The final table can easily be exported to Word or as a PDF as described else where.

By examining the coefficients, the effect of the imputation compared with the complete case analysis can be clearly seen.

Other considerations

Omit the variable

Imputing factors with new level for missing data

Model the missing data

As above, if the variable does not appear to be important, it may be omitted from the analysis. A sensitivity analysis in this context is another form of imputation. But rather than using all other available information to best-guess the missing data, we simply assign the value as above. Imputation is therefore likely to be more appropriate.

There is an alternative method to model the missing data for the categorical in this setting – just consider the missing data as a factor level. This has the advantage of simplicity, with the disadvantage of increasing the number of terms in the model. Multiple imputation is generally preferred.

library(dplyr)
colon_s %>%
mutate(
smoking_mar = forcats::fct_explicit_na(smoking_mar)
) %>%
finalfit(dependent, explanatory)
Dependent: Mortality 5 year Alive Died OR (univariable) OR (multivariable)
Age (years) Mean (SD) 59.8 (11.4) 59.9 (12.5) 1.00 (0.99-1.01, p=0.986) 1.01 (1.00-1.02, p=0.119)
Sex Female 243 (47.6) 194 (48.0) - -
Male 268 (52.4) 210 (52.0) 0.98 (0.76-1.27, p=0.889) 0.96 (0.72-1.30, p=0.809)
nodes Mean (SD) 2.7 (2.4) 4.9 (4.4) 1.24 (1.18-1.30, p

MNAR vs MAR

Missing not at random data is tough in healthcare. To determine if data are MNAR for definite, we need to know their value in a subset of observations (patients).

Using our example above. Say smoking status is poorly recorded in patients admitted to hospital as an emergency with an obstructing cancer. Obstructing bowel cancers may be larger or their position may make the prognosis worse. Smoking may relate to the aggressiveness of the cancer and may be an independent predictor of prognosis. The missing values for smoking may therefore not random. Smoking may be more common in the emergency patients and may be more common in those that die.

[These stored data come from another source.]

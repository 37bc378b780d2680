-- ===== src/Messages/History.antt =====
-- Scrolling back through the history: successive pages of `listMessagesPage`
-- (apps/api/src/db/messages.ts).
use mathlib.Core.List.{reverse, reverse_aux, reverse-append}
use mathlib.Core.Path.{subst}
use videochat.Prelude.{
  All, ◌||◌, map, leb, suc, zero, All-imp, [], inl, inr, Option-cases, ◌&&◌, ℕ, ◌+◌, ◌≡◌, refl, sym,
  ◌∙◌, ap, true, Option, none, some, List, [], ◌∷◌, ◌++◌, select, take, drop, last?, head?, length,
  ltb, arith, order_by, IsDistinct, IsOrder, order_by-IsSorted, select-order_by, rest-after_page,
  IsDistinct-select, select-select, All-select_self, All-order_by, All-last_take, take-take_suc,
  take-append-drop, length-take, ◌==◌,
}
use videochat.Messages.Table.{Chat, MessageRow}
use videochat.Messages.Sequence.{IsGapless, seqs, countdown, last_seq_of}
use videochat.Messages.Paging.{list_messages_page, page_where, is_before, newer, older}

newer-IsOrder : IsOrder newer
newer-IsOrder = record { trans = λ a b c h k. ground arith; irrefl = λ a. ground arith }

-- Messages that are numbered downwards without a gap have different numbers.
pub countdown-IsDistinct :
    (n : ℕ) (xs : List MessageRow)
    → map (λ r. r.seq) xs ≡ countdown n
    → All (λ r. leb r.seq n ≡ true) xs × IsDistinct older xs
unfolding countdown
countdown-IsDistinct n [] e = (tt, tt)
countdown-IsDistinct zero (x ∷ xs) e = cc
countdown-IsDistinct (suc n) (x ∷ xs) e =
    let top : x.seq ≡ suc n = ground (arith, e) in
    let below : map (λ r. r.seq) xs ≡ countdown n = ground (arith, e) in
    let (bound, distinct) = countdown-IsDistinct n xs below in
    (
      (
        ground (arith, top),
        All-imp (λ r. leb r.seq n ≡ true) (λ r. leb r.seq (suc n) ≡ true) xs (λ r h. ground arith)
            bound,
      ),
      (
        All-imp (λ r. leb r.seq n ≡ true) (λ y. (older x y || older y x) ≡ true) xs
            (λ r h. ground (arith, top)) bound,
        distinct,
      ),
    )

IsDistinct-flip : (xs : List MessageRow) → IsDistinct older xs → IsDistinct newer xs
IsDistinct-flip [] d = tt
IsDistinct-flip (x ∷ xs) d = (
  All-imp (λ y. (older x y || older y x) ≡ true) (λ y. (newer x y || newer y x) ≡ true) xs
      (λ y h. ground (arith, h)) d.0,
  IsDistinct-flip xs d.1,
)

-- A conversation's messages before a number (all of them for `none`), newest first.
unfoldable pub history : List MessageRow → ℕ → Option ℕ → List MessageRow
history messages c before_seq = order_by newer (select (page_where c before_seq) messages)

abbrev or_else : Option MessageRow → Option MessageRow → Option MessageRow
or_else none b = b
or_else (some a) b = some a

head?-reverse_aux :
    (xs ys : List MessageRow) → head? (reverse_aux xs ys) ≡ or_else (last? xs) (head? ys)
head?-reverse_aux [] ys = refl
head?-reverse_aux (x ∷ xs) ys = elim (Option-cases (last? xs)) [
  | inl e ↦ head?-reverse_aux xs (x ∷ ys) ∙ rw e refl
  | inr (y, e) ↦ head?-reverse_aux xs (x ∷ ys) ∙ rw e refl
]

or_else-none : (o : Option MessageRow) → or_else o none ≡ o
or_else-none none = refl
or_else-none (some a) = refl

module _ (messages : List MessageRow) (c : ℕ)
    (distinct : IsDistinct newer (select (λ r. r.conversation_id == c) messages)) where
  before-IsDistinct : (b : Option ℕ) → IsDistinct newer (select (page_where c b) messages)
  before-IsDistinct b =
      subst (λ (xs : List MessageRow). IsDistinct newer xs)
        (select-select (is_before b) (λ r. r.conversation_id == c) (page_where c b) messages
          (λ r. refl))
        (IsDistinct-select newer (is_before b) _ distinct)

  step-where :
      (b : Option ℕ) (l r : MessageRow)
      → page_where c b l ≡ true
      → (page_where c b r && newer l r) ≡ page_where c (some l.seq) r
  step-where none l r h = ground arith
  step-where (some s) l r h = ground arith

  history-next :
      (limit : ℕ) (b : Option ℕ) (l : MessageRow)
      → last? (take limit (history messages c b)) ≡ some l
      → history messages c (some l.seq) ≡ drop limit (history messages c b)
  unfolding history
  history-next limit b l e =
      let earlier : page_where c b l ≡ true =
        All-last_take (λ r. page_where c b r ≡ true) limit (history messages c b) l e
          (All-order_by (λ r. page_where c b r ≡ true) newer (select (page_where c b) messages)
            (All-select_self (page_where c b) messages)) in
      let same =
        select-select (newer l) (page_where c b) (page_where c (some l.seq)) messages
          (λ r. step-where b l r earlier) in
      sym (ap (λ (t : List MessageRow). order_by newer t) same)
      ∙ sym (
          select-order_by newer newer-IsOrder (newer l) (select (page_where c b) messages)
            (before-IsDistinct b))
      ∙ rest-after_page newer newer-IsOrder limit (history messages c b) l
          (order_by-IsSorted newer newer-IsOrder _ (before-IsDistinct b)) e

  page-rows :
      (limit : ℕ) (b : Option ℕ)
      → (list_messages_page messages c b limit).rows ≡ reverse (take limit (history messages c b))
  unfolding list_messages_page history
  page-rows limit b = ap (λ (t : List MessageRow). reverse t) (take-take_suc limit _)

  page-has_more :
      (limit : ℕ) (b : Option ℕ)
      → (list_messages_page messages c b limit).has_more ≡ ltb limit (length (history messages c b))
  unfolding list_messages_page history
  page-has_more limit b =
      ground (arith, length-take (limit + 1) (order_by newer (select (page_where c b) messages)))

  page_and_before :
      (limit : ℕ) (b : Option ℕ) (oldest : MessageRow)
      → head? (list_messages_page messages c b limit).rows ≡ some oldest
      → (list_messages_page messages c (some oldest.seq) limit).rows
          ++ (list_messages_page messages c b limit).rows
        ≡ reverse (take (limit + limit) (history messages c b))
  page_and_before limit b oldest e =
      let near = take limit (history messages c b) in
      let next : history messages c (some oldest.seq) ≡ drop limit (history messages c b) =
        history-next limit b oldest (
          sym (or_else-none (last? near))
          ∙ sym (head?-reverse_aux near [])
          ∙ ap (λ (t : List MessageRow). head? t) (sym (page-rows limit b))
          ∙ e) in
      rw (page-rows limit b) (
        rw (page-rows limit (some oldest.seq)) (
          rw next (
            sym (reverse-append near (take limit (drop limit (history messages c b))))
            ∙ ap (λ (t : List MessageRow). reverse t)
                (take-append-drop limit limit (history messages c b)))))

-- Asking for the page before the oldest message of a page continues the history without a hole or
-- a repeat: the two together are twice as many messages, oldest first. And a page says that there
-- is more exactly if the history is longer than it.
pub pages-join :
    (chat : Chat) (c limit : ℕ) (b : Option ℕ) (oldest : MessageRow)
    → IsGapless chat
    → head? (list_messages_page chat.messages c b limit).rows ≡ some oldest
    → ((list_messages_page chat.messages c (some oldest.seq) limit).rows
          ++ (list_messages_page chat.messages c b limit).rows
        ≡ reverse (take (limit + limit) (history chat.messages c b)))
      × ((list_messages_page chat.messages c b limit).has_more
          ≡ ltb limit (length (history chat.messages c b)))
unfolding seqs
pages-join chat c limit b oldest g e =
    let distinct =
      IsDistinct-flip _
        (countdown-IsDistinct (last_seq_of c chat.conversations) _ (g.numbered c)).1 in
    (
      page_and_before chat.messages c distinct limit b oldest e,
      page-has_more chat.messages c distinct limit b,
    )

There is no easy way to handle this. If at all possible, try to get the missing data. Otherwise, take care when drawing conclusions from analyses where data are thought to be missing not at random.

Where to next

We are now doing more in Stan. Missing data can be imputed directly within a Stan model which feels neat. Stan doesn’t yet have the equivalent of NA which makes passing the data block into Stan a bit of a faff.

Alternatively, the missing data can be directly modelled in Stan. Examples are provided in the manual. Again, I haven’t found this that easy to do, but there are a number of Stan developments that will hopefully make this more straightforward in the future.